WHAT YOU SHOULD DO: Repeat the lines of the data that follow, please, starting at the first and stopping after the one with "data' ≤ room size p".

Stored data
------------------------------------------------
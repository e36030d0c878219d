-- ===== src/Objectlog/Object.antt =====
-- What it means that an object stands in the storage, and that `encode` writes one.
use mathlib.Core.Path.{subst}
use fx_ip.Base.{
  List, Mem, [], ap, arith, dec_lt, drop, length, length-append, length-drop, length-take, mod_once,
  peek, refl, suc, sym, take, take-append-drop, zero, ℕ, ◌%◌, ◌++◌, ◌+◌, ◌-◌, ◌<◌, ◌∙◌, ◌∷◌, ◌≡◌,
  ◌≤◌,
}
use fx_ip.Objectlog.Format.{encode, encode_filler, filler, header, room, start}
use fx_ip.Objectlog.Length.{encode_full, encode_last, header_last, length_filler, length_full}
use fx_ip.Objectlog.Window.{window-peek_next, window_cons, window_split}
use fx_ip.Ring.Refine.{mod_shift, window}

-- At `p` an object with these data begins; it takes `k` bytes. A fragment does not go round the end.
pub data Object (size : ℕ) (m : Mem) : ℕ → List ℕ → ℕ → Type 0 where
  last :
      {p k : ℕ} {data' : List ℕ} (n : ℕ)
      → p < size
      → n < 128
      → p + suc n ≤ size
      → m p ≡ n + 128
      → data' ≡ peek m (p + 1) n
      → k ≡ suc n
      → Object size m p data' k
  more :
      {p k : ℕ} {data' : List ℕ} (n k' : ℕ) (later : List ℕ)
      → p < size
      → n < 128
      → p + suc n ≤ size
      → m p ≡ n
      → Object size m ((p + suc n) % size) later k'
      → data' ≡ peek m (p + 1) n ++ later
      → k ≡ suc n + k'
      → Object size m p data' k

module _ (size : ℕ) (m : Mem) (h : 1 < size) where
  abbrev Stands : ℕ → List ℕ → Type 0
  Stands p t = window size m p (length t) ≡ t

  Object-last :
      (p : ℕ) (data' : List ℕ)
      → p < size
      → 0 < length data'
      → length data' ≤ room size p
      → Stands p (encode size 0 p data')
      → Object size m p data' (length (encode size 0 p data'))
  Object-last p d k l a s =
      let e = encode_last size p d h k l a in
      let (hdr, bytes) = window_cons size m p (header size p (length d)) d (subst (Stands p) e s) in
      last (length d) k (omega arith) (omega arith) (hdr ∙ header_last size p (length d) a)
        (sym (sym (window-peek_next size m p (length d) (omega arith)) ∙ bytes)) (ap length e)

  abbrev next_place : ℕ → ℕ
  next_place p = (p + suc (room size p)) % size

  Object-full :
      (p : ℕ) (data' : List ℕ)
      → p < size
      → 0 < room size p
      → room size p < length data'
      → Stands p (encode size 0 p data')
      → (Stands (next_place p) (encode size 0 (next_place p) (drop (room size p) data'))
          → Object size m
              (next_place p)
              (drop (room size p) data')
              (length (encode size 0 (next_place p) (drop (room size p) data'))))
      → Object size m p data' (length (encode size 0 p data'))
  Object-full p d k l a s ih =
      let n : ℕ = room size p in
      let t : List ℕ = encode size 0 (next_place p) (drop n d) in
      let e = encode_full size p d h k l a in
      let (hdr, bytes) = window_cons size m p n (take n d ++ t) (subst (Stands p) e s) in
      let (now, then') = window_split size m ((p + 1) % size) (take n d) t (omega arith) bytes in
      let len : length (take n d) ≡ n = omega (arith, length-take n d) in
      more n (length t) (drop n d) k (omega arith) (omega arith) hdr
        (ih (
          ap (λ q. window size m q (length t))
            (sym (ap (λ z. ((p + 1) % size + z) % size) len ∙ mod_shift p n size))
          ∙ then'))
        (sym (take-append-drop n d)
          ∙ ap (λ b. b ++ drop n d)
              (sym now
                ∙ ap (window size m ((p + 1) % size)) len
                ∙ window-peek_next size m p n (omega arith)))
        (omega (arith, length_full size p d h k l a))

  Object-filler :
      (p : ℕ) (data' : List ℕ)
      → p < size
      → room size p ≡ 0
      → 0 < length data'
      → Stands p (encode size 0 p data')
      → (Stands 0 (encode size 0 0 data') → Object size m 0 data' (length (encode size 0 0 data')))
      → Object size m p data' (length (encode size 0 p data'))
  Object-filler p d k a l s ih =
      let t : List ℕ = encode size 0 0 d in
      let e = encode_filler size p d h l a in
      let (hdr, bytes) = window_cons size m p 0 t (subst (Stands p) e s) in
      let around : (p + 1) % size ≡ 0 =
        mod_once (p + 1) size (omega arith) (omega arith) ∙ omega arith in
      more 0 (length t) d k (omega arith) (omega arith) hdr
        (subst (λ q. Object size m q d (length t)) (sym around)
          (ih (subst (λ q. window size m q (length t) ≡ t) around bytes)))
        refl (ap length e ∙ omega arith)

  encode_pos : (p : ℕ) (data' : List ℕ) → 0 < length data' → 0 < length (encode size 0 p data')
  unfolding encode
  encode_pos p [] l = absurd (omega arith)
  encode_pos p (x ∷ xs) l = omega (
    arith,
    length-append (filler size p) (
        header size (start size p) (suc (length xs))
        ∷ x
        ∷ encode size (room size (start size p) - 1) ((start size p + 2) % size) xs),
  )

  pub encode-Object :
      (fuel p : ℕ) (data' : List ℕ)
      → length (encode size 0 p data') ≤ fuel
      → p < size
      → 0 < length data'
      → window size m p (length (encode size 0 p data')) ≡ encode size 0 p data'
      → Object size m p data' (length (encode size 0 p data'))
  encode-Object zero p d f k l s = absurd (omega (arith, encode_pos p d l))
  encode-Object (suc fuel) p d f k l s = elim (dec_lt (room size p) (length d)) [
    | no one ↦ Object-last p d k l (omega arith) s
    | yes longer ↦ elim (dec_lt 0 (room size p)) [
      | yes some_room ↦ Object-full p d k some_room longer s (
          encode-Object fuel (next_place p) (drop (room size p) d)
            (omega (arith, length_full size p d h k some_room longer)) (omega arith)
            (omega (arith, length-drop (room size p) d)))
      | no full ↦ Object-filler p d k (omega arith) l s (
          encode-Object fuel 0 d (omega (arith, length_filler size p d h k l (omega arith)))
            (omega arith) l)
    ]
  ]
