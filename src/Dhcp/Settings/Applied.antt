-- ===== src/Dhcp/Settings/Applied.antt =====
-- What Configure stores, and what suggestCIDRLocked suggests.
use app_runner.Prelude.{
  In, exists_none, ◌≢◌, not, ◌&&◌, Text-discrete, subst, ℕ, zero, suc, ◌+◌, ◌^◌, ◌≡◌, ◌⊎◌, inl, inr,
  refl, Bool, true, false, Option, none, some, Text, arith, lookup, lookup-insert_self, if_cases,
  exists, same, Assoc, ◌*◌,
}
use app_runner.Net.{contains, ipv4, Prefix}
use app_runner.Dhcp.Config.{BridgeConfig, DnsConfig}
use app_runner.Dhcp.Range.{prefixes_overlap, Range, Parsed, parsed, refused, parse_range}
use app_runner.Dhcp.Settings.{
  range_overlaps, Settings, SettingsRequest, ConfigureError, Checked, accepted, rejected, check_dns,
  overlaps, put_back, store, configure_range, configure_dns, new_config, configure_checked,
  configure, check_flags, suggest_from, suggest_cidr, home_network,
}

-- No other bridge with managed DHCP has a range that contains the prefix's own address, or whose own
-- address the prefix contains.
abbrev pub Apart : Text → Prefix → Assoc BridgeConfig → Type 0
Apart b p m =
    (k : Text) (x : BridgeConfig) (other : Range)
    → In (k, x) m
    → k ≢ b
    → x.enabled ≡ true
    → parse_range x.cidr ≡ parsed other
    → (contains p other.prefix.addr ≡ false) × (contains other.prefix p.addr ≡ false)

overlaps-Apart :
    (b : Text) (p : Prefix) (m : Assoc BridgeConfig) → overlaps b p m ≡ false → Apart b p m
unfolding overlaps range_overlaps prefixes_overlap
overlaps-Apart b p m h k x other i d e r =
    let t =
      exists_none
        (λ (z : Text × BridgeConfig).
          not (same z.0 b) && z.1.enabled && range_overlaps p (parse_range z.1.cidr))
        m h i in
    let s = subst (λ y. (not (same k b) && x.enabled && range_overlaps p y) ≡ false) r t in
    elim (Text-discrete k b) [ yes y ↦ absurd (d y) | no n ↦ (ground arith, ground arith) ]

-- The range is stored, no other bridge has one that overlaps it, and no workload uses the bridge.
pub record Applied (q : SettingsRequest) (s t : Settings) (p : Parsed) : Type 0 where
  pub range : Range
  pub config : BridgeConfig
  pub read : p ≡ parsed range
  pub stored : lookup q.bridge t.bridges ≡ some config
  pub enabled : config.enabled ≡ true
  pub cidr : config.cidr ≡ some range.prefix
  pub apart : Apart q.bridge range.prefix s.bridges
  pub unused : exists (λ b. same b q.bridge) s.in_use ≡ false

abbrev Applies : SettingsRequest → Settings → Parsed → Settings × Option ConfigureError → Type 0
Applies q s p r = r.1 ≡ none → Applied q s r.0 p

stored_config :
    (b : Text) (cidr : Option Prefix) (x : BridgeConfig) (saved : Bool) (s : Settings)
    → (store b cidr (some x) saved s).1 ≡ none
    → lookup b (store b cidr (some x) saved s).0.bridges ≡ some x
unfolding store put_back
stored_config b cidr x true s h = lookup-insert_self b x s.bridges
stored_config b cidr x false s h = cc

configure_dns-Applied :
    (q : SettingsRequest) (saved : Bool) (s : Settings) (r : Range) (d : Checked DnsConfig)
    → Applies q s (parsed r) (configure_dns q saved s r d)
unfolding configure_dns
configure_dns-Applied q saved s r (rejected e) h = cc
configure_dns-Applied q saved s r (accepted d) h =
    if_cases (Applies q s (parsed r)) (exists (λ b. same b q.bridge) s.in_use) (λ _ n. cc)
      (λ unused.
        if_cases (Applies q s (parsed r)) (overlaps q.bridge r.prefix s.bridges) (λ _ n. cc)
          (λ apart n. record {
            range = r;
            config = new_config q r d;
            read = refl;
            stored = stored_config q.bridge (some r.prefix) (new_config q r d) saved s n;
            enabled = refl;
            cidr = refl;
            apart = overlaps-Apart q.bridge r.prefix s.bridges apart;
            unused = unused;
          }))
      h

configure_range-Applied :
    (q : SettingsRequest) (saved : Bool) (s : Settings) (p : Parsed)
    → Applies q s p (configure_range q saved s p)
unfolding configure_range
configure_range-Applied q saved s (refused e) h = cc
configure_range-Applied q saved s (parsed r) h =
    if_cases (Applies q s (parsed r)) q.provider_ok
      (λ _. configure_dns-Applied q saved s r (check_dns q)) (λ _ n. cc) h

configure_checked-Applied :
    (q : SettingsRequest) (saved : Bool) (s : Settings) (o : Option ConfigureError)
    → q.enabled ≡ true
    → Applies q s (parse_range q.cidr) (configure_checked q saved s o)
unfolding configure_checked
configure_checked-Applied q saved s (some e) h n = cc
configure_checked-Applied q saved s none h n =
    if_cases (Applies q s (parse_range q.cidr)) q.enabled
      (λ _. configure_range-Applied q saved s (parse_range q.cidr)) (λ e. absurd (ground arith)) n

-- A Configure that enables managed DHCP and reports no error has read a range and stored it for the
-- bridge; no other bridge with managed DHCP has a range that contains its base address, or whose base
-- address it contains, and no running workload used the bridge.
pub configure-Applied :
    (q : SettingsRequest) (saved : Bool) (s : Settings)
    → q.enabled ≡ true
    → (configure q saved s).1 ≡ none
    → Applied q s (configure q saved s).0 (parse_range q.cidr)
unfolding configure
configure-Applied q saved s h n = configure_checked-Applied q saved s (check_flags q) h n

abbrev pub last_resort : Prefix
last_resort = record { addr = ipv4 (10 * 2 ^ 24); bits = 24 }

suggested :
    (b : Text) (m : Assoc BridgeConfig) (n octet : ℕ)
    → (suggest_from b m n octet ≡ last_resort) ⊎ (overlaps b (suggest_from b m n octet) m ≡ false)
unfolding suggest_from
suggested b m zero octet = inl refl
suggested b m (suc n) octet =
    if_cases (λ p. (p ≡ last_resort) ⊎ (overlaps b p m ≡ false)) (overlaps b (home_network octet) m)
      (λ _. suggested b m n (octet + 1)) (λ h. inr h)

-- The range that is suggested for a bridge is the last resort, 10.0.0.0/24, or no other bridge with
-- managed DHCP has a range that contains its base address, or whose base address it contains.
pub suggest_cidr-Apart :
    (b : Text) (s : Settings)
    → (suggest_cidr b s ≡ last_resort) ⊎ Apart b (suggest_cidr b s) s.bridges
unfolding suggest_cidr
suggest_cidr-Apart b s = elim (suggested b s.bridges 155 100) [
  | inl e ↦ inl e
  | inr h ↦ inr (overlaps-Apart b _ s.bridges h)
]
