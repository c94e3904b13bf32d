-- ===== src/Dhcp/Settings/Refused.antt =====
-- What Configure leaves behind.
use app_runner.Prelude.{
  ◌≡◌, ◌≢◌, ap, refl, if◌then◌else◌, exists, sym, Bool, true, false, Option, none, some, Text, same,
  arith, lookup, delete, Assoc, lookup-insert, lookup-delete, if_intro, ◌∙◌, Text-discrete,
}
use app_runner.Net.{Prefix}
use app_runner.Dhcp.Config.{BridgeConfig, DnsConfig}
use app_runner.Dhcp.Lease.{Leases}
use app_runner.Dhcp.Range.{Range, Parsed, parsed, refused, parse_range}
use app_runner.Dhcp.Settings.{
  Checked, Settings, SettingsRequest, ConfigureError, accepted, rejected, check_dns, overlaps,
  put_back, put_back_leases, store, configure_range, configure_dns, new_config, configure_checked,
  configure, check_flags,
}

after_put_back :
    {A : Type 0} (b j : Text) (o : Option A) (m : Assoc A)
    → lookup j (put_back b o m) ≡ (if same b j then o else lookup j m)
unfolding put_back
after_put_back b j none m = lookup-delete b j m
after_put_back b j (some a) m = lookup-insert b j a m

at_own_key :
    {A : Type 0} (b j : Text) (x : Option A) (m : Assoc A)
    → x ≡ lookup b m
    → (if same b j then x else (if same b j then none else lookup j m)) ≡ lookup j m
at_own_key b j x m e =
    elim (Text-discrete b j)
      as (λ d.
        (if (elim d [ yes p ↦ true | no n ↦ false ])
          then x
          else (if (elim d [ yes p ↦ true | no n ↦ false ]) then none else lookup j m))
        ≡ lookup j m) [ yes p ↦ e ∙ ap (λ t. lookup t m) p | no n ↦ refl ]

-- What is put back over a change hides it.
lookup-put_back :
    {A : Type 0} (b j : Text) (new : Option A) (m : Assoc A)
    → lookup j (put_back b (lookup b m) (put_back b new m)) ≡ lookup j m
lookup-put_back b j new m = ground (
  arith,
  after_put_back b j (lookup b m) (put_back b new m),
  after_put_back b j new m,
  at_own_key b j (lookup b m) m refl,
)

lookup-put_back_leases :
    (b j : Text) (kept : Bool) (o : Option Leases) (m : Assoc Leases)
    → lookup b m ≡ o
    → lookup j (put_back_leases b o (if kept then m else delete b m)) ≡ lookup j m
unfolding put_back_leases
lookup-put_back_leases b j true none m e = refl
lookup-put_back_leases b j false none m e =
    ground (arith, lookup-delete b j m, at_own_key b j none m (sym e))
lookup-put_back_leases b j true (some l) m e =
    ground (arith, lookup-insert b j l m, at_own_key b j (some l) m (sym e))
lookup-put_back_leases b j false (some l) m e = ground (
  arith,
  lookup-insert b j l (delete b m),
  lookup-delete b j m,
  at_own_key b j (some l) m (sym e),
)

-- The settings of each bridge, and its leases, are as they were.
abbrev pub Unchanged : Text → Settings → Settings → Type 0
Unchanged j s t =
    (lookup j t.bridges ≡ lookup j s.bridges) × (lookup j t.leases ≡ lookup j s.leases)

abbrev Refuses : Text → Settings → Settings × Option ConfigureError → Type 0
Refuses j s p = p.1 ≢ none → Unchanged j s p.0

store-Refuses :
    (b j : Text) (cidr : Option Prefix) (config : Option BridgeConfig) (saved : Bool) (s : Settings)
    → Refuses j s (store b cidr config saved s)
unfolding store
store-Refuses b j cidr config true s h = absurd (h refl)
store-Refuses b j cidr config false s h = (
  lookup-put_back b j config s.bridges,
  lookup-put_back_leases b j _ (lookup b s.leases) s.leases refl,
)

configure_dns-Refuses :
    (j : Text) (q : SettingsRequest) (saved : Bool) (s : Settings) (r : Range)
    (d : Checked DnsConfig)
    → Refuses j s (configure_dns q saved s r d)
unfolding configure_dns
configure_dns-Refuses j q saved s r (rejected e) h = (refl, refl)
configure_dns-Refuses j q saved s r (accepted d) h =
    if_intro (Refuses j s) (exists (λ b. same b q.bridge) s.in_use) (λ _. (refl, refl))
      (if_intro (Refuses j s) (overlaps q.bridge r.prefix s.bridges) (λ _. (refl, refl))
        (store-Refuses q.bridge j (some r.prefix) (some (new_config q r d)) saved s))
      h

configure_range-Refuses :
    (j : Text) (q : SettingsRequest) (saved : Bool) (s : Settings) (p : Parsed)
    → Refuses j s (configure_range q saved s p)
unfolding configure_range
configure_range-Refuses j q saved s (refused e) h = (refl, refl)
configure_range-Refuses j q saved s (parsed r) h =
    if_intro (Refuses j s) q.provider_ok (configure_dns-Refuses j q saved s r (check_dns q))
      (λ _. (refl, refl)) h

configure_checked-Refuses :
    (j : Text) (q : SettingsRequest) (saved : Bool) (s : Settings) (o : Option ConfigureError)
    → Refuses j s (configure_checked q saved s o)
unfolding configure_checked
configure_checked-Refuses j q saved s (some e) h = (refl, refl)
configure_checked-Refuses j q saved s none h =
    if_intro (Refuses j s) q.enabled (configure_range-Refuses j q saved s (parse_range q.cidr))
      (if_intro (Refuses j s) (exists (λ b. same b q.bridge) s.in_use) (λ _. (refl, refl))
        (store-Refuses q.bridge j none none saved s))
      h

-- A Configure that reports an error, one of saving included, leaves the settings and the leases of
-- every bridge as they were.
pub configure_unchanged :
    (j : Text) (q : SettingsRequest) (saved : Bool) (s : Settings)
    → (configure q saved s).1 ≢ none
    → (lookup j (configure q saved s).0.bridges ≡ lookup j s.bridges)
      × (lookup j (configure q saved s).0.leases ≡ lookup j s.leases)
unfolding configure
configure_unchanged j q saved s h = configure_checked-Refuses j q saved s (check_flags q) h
------------------------------------------------
WRITTEN ANSWER:
repository e36030d0c878219d
-- ===== src/Objectlog/Object.antt =====
-- What it means that an object stands in the storage, and that `encode` writes one.
use mathlib.Core.Path.{subst}
use fx_ip.Base.{
  List, Mem, [], ap, arith, dec_lt, drop, length, length-append, length-drop, length-take, mod_once,
  peek, refl, suc, sym, take, take-append-drop, zero, ℕ, ◌%◌, ◌++◌, ◌+◌, ◌-◌, ◌<◌, ◌∙◌, ◌∷◌, ◌≡◌,
  ◌≤◌,
}
use fx_ip.Objectlog.Format.{encode, encode_filler, filler, header, room, start}
use fx_ip.Objectlog.Length.{encode_full, encode_last, header_last, length_filler, length_full}
use fx_ip.Objectlog.Window.{window-peek_next, window_cons, window_split}
use fx_ip.Ring.Refine.{mod_shift, window}

-- At `p` an object with these data begins; it takes `k` bytes. A fragment does not go round the end.
pub data Object (size : ℕ) (m : Mem) : ℕ → List ℕ → ℕ → Type 0 where
  last :
      {p k : ℕ} {data' : List ℕ} (n : ℕ)
      → p < size
      → n < 128
      → p + suc n ≤ size
      → m p ≡ n + 128
      → data' ≡ peek m (p + 1) n
      → k ≡ suc n
      → Object size m p data' k
  more :
      {p k : ℕ} {data' : List ℕ} (n k' : ℕ) (later : List ℕ)
      → p < size
      → n < 128
      → p + suc n ≤ size
      → m p ≡ n
      → Object size m ((p + suc n) % size) later k'
      → data' ≡ peek m (p + 1) n ++ later
      → k ≡ suc n + k'
      → Object size m p data' k

module _ (size : ℕ) (m : Mem) (h : 1 < size) where
  abbrev Stands : ℕ → List ℕ → Type 0
  Stands p t = window size m p (length t) ≡ t

  Object-last :
      (p : ℕ) (data' : List ℕ)
      → p < size
      → 0 < length data'
      → length data' ≤ room size p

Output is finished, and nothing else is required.